I recently have been playing around with CUDA, and was hoping to try out the unified memory model. I tried playing with sample code, and strangely, when launching the kernel, no values seemed to be updating. Modifying unified data from the host works fine, yet kernels launched simply won't modify the unified data.

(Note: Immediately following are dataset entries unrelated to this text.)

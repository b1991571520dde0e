-- ===== src/Engine/Listener/Admitted.antt =====
-- What is known of a connection that was let in, and of one that was dialled.
use antarloka.Prelude.{
  ℕ, ap, ◌∙◌, ◌≡◌, ◌<◌, refl, true, Option, none, some, inl, inr, arith, length, list_eq, nat_eq,
  Eq, Option-cases,
}
use antarloka.Prelude.Map.{Map, lookup}
use antarloka.Text.{Bytes}
use antarloka.Util.Lan.{IpAddr, is_lan_addr}
use antarloka.Security.Fingerprint.{DeviceId}
use antarloka.Net.RateLimit.{guard_allow}
use antarloka.Engine.State.{Inner, Params, Env, SocketAddr, PeerEntry, max_connections}
use antarloka.Engine.Connection.{Handshaked, open_connection}
use antarloka.Engine.Lifecycle.{Opened, open_connection-Opened}
use antarloka.Engine.Listener.{
  admit, dial, connect, Dialled, unreachable, no_handshake, complete_handshake,
}

module _ ⦃e : Eq IpAddr⦄ where
  -- An inbound connection is let in only from an address that can be named, while connections are
  -- accepted and there is room, from the local network if the settings say so, and within the
  -- limiter.
  pub admit_only :
      (guard : Map IpAddr (ℕ × ℕ)) (now : ℕ) (addr : Option SocketAddr) (s : Inner)
      → (admit guard now addr s).0 ≡ true
      → (a : SocketAddr) × (addr ≡ some a)
        × (s.config.accept_incoming ≡ true)
        × (s.config.lan_only ≡ true → is_lan_addr a.ip ≡ true)
        × (length s.conns < max_connections)
        × ((guard_allow guard now a.ip).0 ≡ true)
  unfolding admit
  admit_only guard now none s h = ground (arith, h)
  admit_only guard now (some a) s h = (
    a,
    refl,
    ground (arith, h),
    λ lan. ground (arith, h, lan),
    ground (arith, h),
    ground (arith, h),
  )

module _ (px : Params) (env : Env) (network : SocketAddr → Dialled) where
  -- What was found at the address completed a handshake in which it proved the key; the address is one
  -- that the settings allow; and the connection is the one that `Opened` tells of, at that address.
  pub record IsProven (s next : Inner) (addr : SocketAddr) (key : Bytes) : Type 0 where
    pub hs : Handshaked
    pub completed : network addr ≡ complete_handshake key hs.handshake_hash hs.channel
    pub proven : hs.remote_static ≡ key
    pub at_addr : hs.peer_addr ≡ addr
    pub in_lan : s.config.lan_only ≡ true → is_lan_addr addr.ip ≡ true
    pub is_opened : Opened px s next hs (some key)

  -- The handshake that `dial` makes of an answer.
  abbrev shaken : SocketAddr → Bytes → Bytes → ℕ → Handshaked
  shaken addr key transcript channel = record {
    remote_static = key;
    handshake_hash = transcript;
    peer_addr = addr;
    channel = channel;
  }

  dial_reaches :
      (answer : Dialled) (addr : SocketAddr) (expected : Option Bytes) (s : Inner)
      → network addr ≡ answer
      → (dial px env network addr expected s).0 ≡ true
      → (k : Bytes) × (h : Bytes) × (c : ℕ) × (answer ≡ complete_handshake k h c)
        × (s.config.lan_only ≡ true → is_lan_addr addr.ip ≡ true)
        × (dial px env network addr expected s
            ≡ open_connection px env s (shaken addr k h c) true expected)
  unfolding dial
  dial_reaches (unreachable why) addr expected s e h = ground (arith, h, e)
  dial_reaches (no_handshake why) addr expected s e h = ground (arith, h, e)
  dial_reaches (complete_handshake k t c) addr expected s e h =
      (k, t, c, refl, λ lan. ground (arith, h, lan, e), ground (arith, h, e))

  pub dial-IsProven :
      (addr : SocketAddr) (key : Bytes) (s : Inner)
      → (dial px env network addr (some key) s).0 ≡ true
      → IsProven s (dial px env network addr (some key) s).1 addr key
  dial-IsProven addr key s h =
      let (k, t, c, done, lan, same) = dial_reaches (network addr) addr (some key) s refl h in
      let hs = shaken addr k t c in
      elim (open_connection-Opened px env s hs true (some key)) [
        | inl (refused, _) ↦ ground (arith, h, same, refused)
        | inr (_, opened) ↦
            let proven : k ≡ key = opened.is_expected key refl in
            rw same (record {
              hs = hs;
              completed = done ∙ ap (λ x. complete_handshake x t c) proven;
              proven = proven;
              at_addr = refl;
              in_lan = lan;
              is_opened = opened;
            })
      ]

  -- A connection that `connect` made is with a peer in sight, at the address of its beacon (in the
  -- local network, if the settings say so), that proved the key of its beacon, and that is not
  -- blocked.
  pub connect-IsProven :
      (device : DeviceId) (s : Inner)
      → (connect px env network device s).0 ≡ true
      → (p : PeerEntry) × (lookup device s.peers ≡ some p)
        × IsProven s (connect px env network device s).1 p.info.addr p.info.public_key
  unfolding connect
  connect-IsProven device s h = elim (Option-cases (lookup device s.peers)) [
    | inl e ↦ ground (arith, h, e)
    | inr (p, e) ↦ (
      p,
      e,
      rw (connect, e) (dial-IsProven p.info.addr p.info.public_key s (ground (arith, h, e))),
    )
  ]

My card is a GTX 770 with 4GB of memory. I'm running Arch Linux, kernel 3.14-2, using GCC 4.8 to compile my samples. I'm setting the compute arch to sm_30, and activative -m64 flag
Here's one sample that I was playing with. X[0] and X[1] always evaluate to 0, even when the kernel launches.
#include<stdio.h>
#include <cuda.h>
__global__ void kernel(int* x){
x[threadIdx.x] = 2;
}
int main(){
int* x;
cudaMallocManaged(&x, sizeof(int) * 2);
cudaError_t error = cudaGetLastError();
printf("%s\n", error);
x[0] = 0;
x[1] = 0;
kernel<<<1, 2>>>(x);
cudaDeviceSynchronize();
printf("result = %d\n", x[1]);
cudaFree(x);
return 0;
}
Another sample is this:
__global__ void adjacency_map_init_gpu(adjacency_map_t* map){
int row = threadIdx.y + blockIdx.y * blockDim.y;
int col = threadIdx.x + blockIdx.x * blockDim.x;
int i = row * map->width + col;
max(i, 0);
min(i, map->width * map->height);
map->connections[i] = 0;
}
__global__ void adjacency_map_connect_gpu(edge_t* edges, int num_edges, adjacency_map_t* map){
int i = threadIdx.x + (((gridDim.x * blockIdx.y) + blockIdx.x)*blockDim.x);
max(i, 0);
min(i, num_edges);
int n_start = edges[i].n_start;
int n_end = edges[i].n_end;
int map_index = n_start * map->width + n_end;
map->connections[map_index] = 1;
printf("%d new value: %d\n", map_index, map->connections[map_index]);
}
adjacency_map_t* adjacency_map_init(int num_nodes, edge_t* edges, int num_edges){
adjacency_map_t *map;// = (adjacency_map_t*)malloc(sizeof(adjacency_map_t));
cudaMallocManaged(&map, sizeof(adjacency_map_t));
cudaMallocManaged(&(map->connections), num_nodes * num_nodes * sizeof(int));
//map->connections = (int*)malloc(sizeof(int) * num_nodes * num_nodes);
map->width = num_nodes;
map->height = num_nodes;
map->stride = 0;
//GPU stuff
// adjacency_map_t *d_map;
// int* d_connections;
// cudaMalloc((void**) &d_map, sizeof(adjacency_map_t));
// cudaMalloc((void**) &d_connections, num_nodes * num_nodes * sizeof(int));
// cudaMemcpy(d_map, map, sizeof(adjacency_map_t), cudaMemcpyHostToDevice);
// cudaMemcpy(d_connections, map->connections, num_nodes * num_nodes, cudaMemcpyHostToDevice);
//cudaMemcpy(&(d_map->connections), &d_connections, sizeof(int*), cudaMemcpyHostToDevice);
// edge_t* d_edges;
// cudaMalloc((void**) &d_edges, num_edges * sizeof(edge_t));
// cudaMemcpy(d_edges, edges, num_edges * sizeof(edge_t), cudaMemcpyHostToDevice);
adjacency_map_init_gpu<<<1, 3>>>(map);
cudaDeviceSynchronize();
//adjacency_map_connect_gpu<<<1, 3>>>(edges, num_edges, map);
cudaDeviceSynchronize();
// cudaMemcpy(map, d_map, sizeof(adjacency_map_t), cudaMemcpyDeviceToHost);
//Synchronize everything
// cudaFree(map);
// cudaFree(edges);
return map;
}
Basically, I can access all the elements in the original structure on the host for the second snippet of code. Once I try to launch a kernel function, however, the pointer becomes inaccessible (at least, tested from gdb), and the entire object's data is inaccessible. The only portion of the edges and the map pointer I can still see after the first kernel launch are their respective locations.
Any help would be greatly appreciated! Thanks so much!